Bluetooth 5 technology has officially been approved and the first transmitters and receivers should become available in 2017. Where Bluetooth 4 technology notably allowed for very high energy efficiency, Bluetooth 5 will introduce an extended range with four times as much coverage. In other words, the range of Bluetooth wireless communication will now be extended to 40 meters. Meanwhile, the energy efficiency which was a strong point for Bluetooth 4.2 transmitters will be maintained, thus ensuring long-lasting autonomy for mobile devices (hi-fi portable players, for example).

Bluetooth 5: CD-quality audio transmission, here at last?

The new feature which should be of particular interest to the hi-fi community is the bandwidth offered by Bluetooth 5. In fact, with 2 Mbits per second, Bluetooth 5 can theoretically transmit CD-quality PCM stream in stereo, which requires 1.5 Mbps for uncompressed formats or 0.8 to 0.9 Mbps with lossless compression (FLAC or ALAC files, for example). In addition, Bluetooth 5 transmitters and receivers will be able to detect radio frequency interference on the 2.4 GHz band and modify their communication channel in order to preserve high-quality transmission.
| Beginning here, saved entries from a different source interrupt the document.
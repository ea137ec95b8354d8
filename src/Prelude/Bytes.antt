-- ===== src/Prelude/Bytes.antt =====
-- Byte arrays: fields, copies and comparisons, `none` where an access is out of range.
use Prim.Native.Nat.{ℕ, zero, suc, ◌+◌, ◌*◌, ◌/◌, ◌%◌, ◌<◌}
use mathlib.Core.Path.{◌≡◌, refl, sym, subst}
use mathlib.Core.Bool.{Bool, true, false, ◌&&◌}
use mathlib.Core.List.{List, [], ◌∷◌, ◌++◌}
use mathlib.Core.Option.{Option, none, some}
use wifi_sniffer.Prelude.Tests.{◌==◌, leb, if◌then◌else◌}
use wifi_sniffer.Prelude.Lists.{length, length-append, take, drop, take-append}
use native.Mathlib.Omega.{arith}

abbrev pub Bytes : Type 0
Bytes = List ℕ

-- `n` bytes at an offset.
abbrev pub bytes_at : Bytes → ℕ → ℕ → Option Bytes
bytes_at b off n = if leb (off + n) (length b) then some (take n (drop off b)) else none

-- `b[i] = v`
abbrev pub store : Bytes → ℕ → ℕ → Option Bytes
store [] i v = none
store (x ∷ b) zero v = some (v ∷ b)
store (x ∷ b) (suc i) v = elim (store b i v) [ none ↦ none | some b' ↦ some (x ∷ b') ]

abbrev pub memcpy : Bytes → Bytes → ℕ → Option Bytes
memcpy dst src n =
    if leb n (length dst) && leb n (length src) then some (take n src ++ drop n dst) else none

abbrev pub bytes_eq : Bytes → Bytes → Bool
bytes_eq [] [] = true
bytes_eq (x ∷ a) (y ∷ b) = (x == y) && bytes_eq a b
bytes_eq _ _ = false

-- `!memcmp(a, b, n)`
abbrev pub memcmp_eq : Bytes → Bytes → ℕ → Option Bool
memcmp_eq a b n =
    if leb n (length a) && leb n (length b) then some (bytes_eq (take n a) (take n b)) else none

-- A 16-bit and a 32-bit field, least significant byte first.
abbrev pub le16 : ℕ → Bytes
le16 x = (x % 256) ∷ (x / 256 % 256) ∷ []

abbrev pub le32 : ℕ → Bytes
le32 x = (x % 256) ∷ (x / 256 % 256) ∷ (x / 65536 % 256) ∷ (x / 16777216 % 256) ∷ []

pub bytes_eq_refl : (a : Bytes) → bytes_eq a a ≡ true
bytes_eq_refl [] = refl
bytes_eq_refl (x ∷ a) = ground (arith, bytes_eq_refl a)

pub bytes_eq→eq : (a b : Bytes) → bytes_eq a b ≡ true → a ≡ b
bytes_eq→eq [] [] h = refl
bytes_eq→eq [] (y ∷ b) h = cc
bytes_eq→eq (x ∷ a) [] h = cc
bytes_eq→eq (x ∷ a) (y ∷ b) h = ground (arith, bytes_eq→eq a b)

pub le32_read :
    (x : ℕ)
    → x < 4294967296
    → x % 256 + x / 256 % 256 * 256 + x / 65536 % 256 * 65536 + x / 16777216 % 256 * 16777216 ≡ x
le32_read x h = omega arith

pub bytes_at-append : (p rest : Bytes) (n : ℕ) → length p ≡ n → bytes_at (p ++ rest) 0 n ≡ some p
bytes_at-append p rest n h = rw (← h) (
    subst (λ t. (if leb (0 + length p) (length (p ++ rest)) then some t else none) ≡ some p)
      (sym (take-append p rest)) (ground (arith, length-append p rest)))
Bluetooth Apt-X : la sélection

This ample bandwidth of 2 Mbps will also allow for streaming music without recompression from Spotify, Deezer, Tidal and Qobuz. However, no new codec has been announced for the moment, and lossy compression technologies such as SBC, AAC and apt-X will stay in effect for the time being. Currently, only Sony’s LDAC compression allows for lossless Bluetooth transmission of CD-quality stereo streams. This technology is only implemented by certain Sony devices. To be continued.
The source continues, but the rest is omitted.